Epilogue: Good Enough Practices

Epilogue: Good Enough Practices

If you have made it this far, we assume you are persuaded that quantitative methods are potentially useful in humanities research. What comes next is up to you. We wrote this book with the hope that it would give students and researchers tools and ideas useful in solving problems and answering questions. We hope that the preceding chapters provided you with some useful resources for your own research.

As you embark on projects which involve data analysis, we invite you to consider the following practices and perspectives. The most important one comes first. It concerns a minimal set of “good enough practices”—a label we borrow from Wilson et al. [2017]—that anyone can and should adopt.

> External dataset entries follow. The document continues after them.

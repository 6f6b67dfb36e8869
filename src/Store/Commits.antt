-- ===== src/Store/Commits.antt =====
-- What a job operation that commits has found, and what it has written to the job table.
pub mod Created
use mathlib.Core.Option
use deckhand.Base.{
  ℕ, ◌+◌, String, ◌≡◌, ap, ◌∙◌, Bool, true, Option, none, some, [], ◌∷◌, ◌++◌, map, inl, inr,
  same_iff, arith, Option-cases,
}
use deckhand.Base.Append.{append}
use deckhand.Json.{Object, field, text, end}
use deckhand.Result.{ok}
use deckhand.Models.State.{JobState, running, unknown_outcome, expired, value}
use deckhand.Models.Request.{ActionRequest, Subject, JobError, JobView}
use deckhand.StateMachine.{require_transition}
use deckhand.StateMachine.Reach.{◌⟶◌}
use deckhand.Store.Rows.{Db, JobRow, find_job, find_key, update_job}
use deckhand.Store.Tx.{lift, pure}
use deckhand.Store.Audit.{Store, Moment, append_audit}
use deckhand.Store.Updates.{
  fence_fits, state_fits, moved, leased, released, expire_released, ClaimedJob, lease_expired,
  seconds, change, update,
}
use deckhand.Digests.{request_digest}
use deckhand.Store.Jobs.{new_row, created_payload, create_new, create_job, insert_job}
use deckhand.Store.Ensures.{bind-ok}
use deckhand.Store.Leases.{
  renew_lease, renew_row, change_and_read, read_back, transition_payload, transition_job, claim_row,
  lease_length,
}
use deckhand.Store.Sweeps.{expire_row, expire_queued_row}

abbrev reason_payload : String → String → Object
reason_payload id reason = field "job_id" (text id) (field "reason" (text reason) end)

module _ (store : Store) where
  open store use {external as x}

  pub record Transitioned (m : Moment) (job_id : String) (target : JobState)
      (result : Option Object) (error : Option JobError) (fence : Option String)
      (expected : Option JobState) (view : JobView) (db db' : Db) : Type 0 where
    pub row : JobRow
    pub found : find_job job_id db.jobs ≡ some row
    pub fenced : fence_fits fence row ≡ true
    pub expected_state : state_fits expected row ≡ true
    pub allowed : row.state ⟶ target
    pub jobs :
        db'.jobs
        ≡ update_job job_id
            (moved m target (Option.map x.dumps_result result) (Option.map x.dump_error error))
            db.jobs

  change-jobs :
      (m : Moment) (id : String) (f : JobRow → JobRow) (event_type : String) (payload : Object)
      (db db' : Db)
      → change store m id f event_type payload db ≡ ok (tt, db')
      → db'.jobs ≡ update_job id f db.jobs
  unfolding change update append_audit
  change-jobs m id f event_type payload db db' h = ground arith

  pub read_back-db :
      (id : String) (view : JobView) (db db' : Db)
      → read_back store id db ≡ ok (view, db')
      → db' ≡ db
  unfolding read_back
  read_back-db id view db db' h = ground arith

  change_and_read-jobs :
      (m : Moment) (id : String) (f : JobRow → JobRow) (event_type : String) (payload : Object)
      (view : JobView) (db db' : Db)
      → change_and_read store m id f event_type payload db ≡ ok (view, db')
      → db'.jobs ≡ update_job id f db.jobs
  unfolding change_and_read
  change_and_read-jobs m id f event_type payload view db db' h =
      let (u, mid, e, k) =
        bind-ok (change store m id f event_type payload) (λ _. read_back store id) db h in
      ap (λ (d : Db). d.jobs) (read_back-db id view mid db' k)
      ∙ change-jobs m id f event_type payload db mid e

  -- A transition that commits has found its job, under its fence and in the expected state, in a state
  -- from which the target is allowed; it has written that job's row and no other.
  pub transition_job-commits :
      (m : Moment) (job_id : String) (target : JobState) (result : Option Object)
      (error : Option JobError) (fence : Option String) (expected : Option JobState)
      (view : JobView) (db db' : Db)
      → transition_job store m job_id target result error fence expected db ≡ ok (view, db')
      → Transitioned m job_id target result error fence expected view db db'
  transition_job-commits m job_id target result error fence expected view db db' h =
      elim (Option-cases (find_job job_id db.jobs)) [
        | inl missing ↦ absurd (unfold transition_job in ground arith)
        | inr (row, found) ↦ record {
          row = row;
          found = found;
          fenced = unfold transition_job in ground arith;
          expected_state = unfold transition_job in ground arith;
          allowed = unfold transition_job in ground arith;
          jobs =
              change_and_read-jobs m job_id
                (moved m target (Option.map x.dumps_result result) (Option.map x.dump_error error))
                (append "job." (value target)) (transition_payload job_id result error) view db db'
                (unfold transition_job in ground arith);
        }
      ]

  pure-db : {A : Type 0} {a b : A} {db db' : Db} → pure a db ≡ ok (b, db') → db' ≡ db
  pure-db h = cc

  -- How long a lease is: as the caller says, or as it computes from the job's request.
  abbrev pub LeaseLength : ℕ → Option (ActionRequest → ℕ) → JobRow → ℕ → Type 0
  LeaseLength lease_seconds none row n = n ≡ lease_seconds
  LeaseLength lease_seconds (some lease_for) row n =
      (request : ActionRequest) × (x.validate_request row.request_json ≡ some request)
      × (n ≡ lease_for request)

  pub record Claimed (m : Moment) (lease_token worker_id : String) (lease_seconds : ℕ)
      (lease_for : Option (ActionRequest → ℕ)) (claimed : ClaimedJob) (row : JobRow) (db db' : Db)
      : Type 0 where
    pub allowed : row.state ⟶ running
    pub token : claimed.lease_token ≡ lease_token
    pub length : ℕ
    pub lasts : LeaseLength lease_seconds lease_for row length
    pub jobs :
        db'.jobs
        ≡ update_job row.id (leased m worker_id lease_token (m.now + seconds length)) db.jobs

  lease_length-db :
      (lease_seconds : ℕ) (lease_for : Option (ActionRequest → ℕ)) (row : JobRow) (n : ℕ)
      (db db' : Db)
      → lease_length store lease_seconds lease_for row db ≡ ok (n, db')
      → db' ≡ db
  unfolding lease_length
  lease_length-db lease_seconds none row n db db' h = ground arith
  lease_length-db lease_seconds (some lease_for) row n db db' h = ground arith

  lease_length-LeaseLength :
      (lease_seconds : ℕ) (lease_for : Option (ActionRequest → ℕ)) (row : JobRow) (n : ℕ)
      (db db' : Db)
      → lease_length store lease_seconds lease_for row db ≡ ok (n, db')
      → LeaseLength lease_seconds lease_for row n
  unfolding lease_length
  lease_length-LeaseLength lease_seconds none row n db db' h = ground arith
  lease_length-LeaseLength lease_seconds (some lease_for) row n db db' h =
      elim (Option-cases (x.validate_request row.request_json)) [
        | inl missing ↦ absurd (ground arith)
        | inr (request, e) ↦ (request, e, ground arith)
      ]

  abbrev running_payload : String → String → Object
  running_payload id worker_id = field "job_id" (text id) (field "worker_id" (text worker_id) end)

  lift_transition :
      (from to : JobState) (u : Unit {0}) (db db' : Db)
      → lift (require_transition from to) db ≡ ok (u, db')
      → (from ⟶ to) × (db' ≡ db)
  unfolding require_transition
  lift_transition from to u db db' h = (ground arith, ground arith)

  pub claim_row-commits :
      (m : Moment) (lease_token worker_id : String) (lease_seconds : ℕ)
      (lease_for : Option (ActionRequest → ℕ)) (row : JobRow) (claimed : ClaimedJob) (db db' : Db)
      → claim_row store m lease_token worker_id lease_seconds lease_for row db ≡ ok (claimed, db')
      → Claimed m lease_token worker_id lease_seconds lease_for claimed row db db'
  unfolding claim_row
  claim_row-commits m lease_token worker_id lease_seconds lease_for row claimed db db' h =
      let (n, mid, e, k) = bind-ok (lease_length store lease_seconds lease_for row) _ db h in
      let (u, mid', e', k') = bind-ok (lift (require_transition row.state running)) _ mid k in
      let f = leased m worker_id lease_token (m.now + seconds n) in
      let payload = running_payload row.id worker_id in
      let change = change_and_read store m row.id f "job.running" payload in
      let (view, last, e'', k'') = bind-ok change _ mid' k' in
      let (allowed, same_mid) = lift_transition row.state running u mid mid' e' in
      let start = same_mid ∙ lease_length-db lease_seconds lease_for row n db mid e in
      record {
        allowed = allowed;
        token = cc;
        length = n;
        lasts = lease_length-LeaseLength lease_seconds lease_for row n db mid e;
        jobs =
            ap (λ (d : Db). d.jobs) (pure-db k'')
            ∙ change_and_read-jobs m row.id f "job.running" payload view mid' last e''
            ∙ ap (λ (d : Db). update_job row.id f d.jobs) start;
      }

  -- One turn of the loop of `expire_leases`.
  pub expire_row-commits :
      (m : Moment) (row : JobRow) (db db' : Db)
      → expire_row store m row db ≡ ok (tt, db')
      → (row.state ⟶ unknown_outcome)
        × (db'.jobs
            ≡ update_job row.id
                (released m unknown_outcome (some (x.dump_error lease_expired)))
                db.jobs)
  unfolding expire_row
  expire_row-commits m row db db' h =
      let (u, mid, e, k) = bind-ok (lift (require_transition row.state unknown_outcome)) _ db h in
      let (allowed, same_mid) = lift_transition row.state unknown_outcome u db mid e in
      let f = released m unknown_outcome (some (x.dump_error lease_expired)) in
      (
        allowed,
        change-jobs m row.id f "job.unknown_outcome" (reason_payload row.id "lease_expired") mid db'
              k
            ∙ ap (λ (d : Db). update_job row.id f d.jobs) same_mid,
      )

  -- One turn of the loop of `expire_stale_queued`.
  pub expire_queued_row-commits :
      (m : Moment) (row : JobRow) (db db' : Db)
      → expire_queued_row store m row db ≡ ok (tt, db')
      → (row.state ⟶ expired) × (db'.jobs ≡ update_job row.id (expire_released m) db.jobs)
  unfolding expire_queued_row
  expire_queued_row-commits m row db db' h =
      let (u, mid, e, k) = bind-ok (lift (require_transition row.state expired)) _ db h in
      let (allowed, same_mid) = lift_transition row.state expired u db mid e in
      let f = expire_released m in
      (
        allowed,
        change-jobs m row.id f "job.expired" (reason_payload row.id "queue_ttl") mid db' k
            ∙ ap (λ (d : Db). update_job row.id f d.jobs) same_mid,
      )

  -- `renew_lease` writes no table but that of the jobs.
  pub renew_lease-db :
      (m : Moment) (id token : String) (lease_seconds : ℕ) (renewed : Bool) (db db' : Db)
      → renew_lease store m id token lease_seconds db ≡ ok (renewed, db')
      → db' ≡ record db { jobs = map (renew_row m id token lease_seconds) db.jobs }
  unfolding renew_lease
  renew_lease-db m id token lease_seconds renewed db db' h = ground arith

Adopt “Good enough practices in scientific computing”. Wilson et al. [2017] identify a minimal set of practices which “every researcher can adopt, regardless of their current level of computational skill.” They group these practices into six categories (data management, software, collaboration, project organization, tracking changes, and manuscripts). Examples of recommended practices include submission of code and data to a repository (such as arXiv or Zenodo) so others can access and verify results, the use of a version control system (such as git or mercurial) to track all changes over the life of a research project, and the careful preservation of the original (“raw”) data (which should never be edited “in-place”). Adopting these practices does take a modest investment of time and energy. But the benefits are considerable. The practices reduce the incidence of data loss, reduce the time it takes to perform analyses, and facilitate reproduction of results by others.

Start with a problem or a question. If your problem or question is not well-defined, develop or find one which is. Bill James, the fabled baseball statistician, observes that his reputation “is based entirely on finding the right questions to ask”—questions which are currently unanswered but which everyone agrees have answers. James adds that it does not matter if he himself provides the answer to the question, noting, “[if] I don’t get the answer right, somebody else will” [James, 2010]. By focusing on a well-defined question which concerns you or members of some other community, you can make sure your research addresses problems or questions which exist. In doing so, you guard against your work being characterized as a method or dataset in search of a research question. In our experience, such a description often applies to research using new, computationally-intensive methods.

Consider many models. Different narratives are often compatible with the same set of observations. Observed data often renders some narratives more plausible than others. Compare models of past events using held-out validation. Explore how well different models predict (or “retrodict”) observations in a dataset that they have not been shown. (Examples to which the model is not given access are “held-out”.) If you observe a pattern that needs an explanation—e.g., men wearing formal attire in 1900 but not in 2000, women authors writing the majority of novels in 1800 but not 1900 [Lieberson and Lynn, 2003, Tuchman, 1989]—develop a principled model which accounts for what you have observed better than an existing model. In some cases the model will be an implicit naive or “null” model. (In section Nearest neighbors we evaluated the adequacy of a classifier in this way.) Verify that your model is at least as good at predicting observations than the existing model. Share the data and the model with others. They may develop models which are even more credible, in light of the evidence and by the standard of held-out predictive accuracy. And even when they do not, you have done a service by making clear what pattern needs explaining and by enumerating available models. This, in turn, facilitates collaboration by identifying areas of inter-subjective agreement.

Account for variability in human judgments. If your research relies on human labeling or categorization of features of cultural artifacts, verify that different humans agree. Abundant experience teaches us that human judgments vary considerably [Henrich et al., 2010]. Make some effort to indicate that you are aware of this. One minimal strategy for doing this is to have different individuals independently label all or a random subsample of the population of interest. The agreement between these individuals’ labels may then be reported using a measure of “inter-rater reliability”. A simple measure of inter-rater reliability is Cohen’s kappa. More nuanced approaches capable of modeling variability in individuals’ annotation abilities are also available [Passonneau and Carpenter, 2014].

Explore ideas from math and (bayesian) statistics. Good ideas are found everywhere. Academic disciplines and intellectual communities are rarely entirely homogeneous. Do not despair if the presentation of material related to calculus, linear algebra, probability, and statistics fails to resonate with your research interests. We have found that standard textbooks often do not serve students from the humanities and neighboring social sciences particularly well. (Chapters Statistics Essentials: Who Reads Novels? and Introduction to Probability are, in part, attempts at improving this situation.) There are, fortunately, treatments of topics in math and statistics pitched to virtually every audience. Juola and Ramsay [2017] is an example of a math text written for an audience in the humanities. Treatments of probability which we think humanities students and researchers will find appealing include Hacking [2001] and Diaconis and Skyrms [2017].

The practices and perspectives described above have served all of us well in the past. Although induction is often an unreliable guide, we trust that those adopting them will find their efforts rewarded.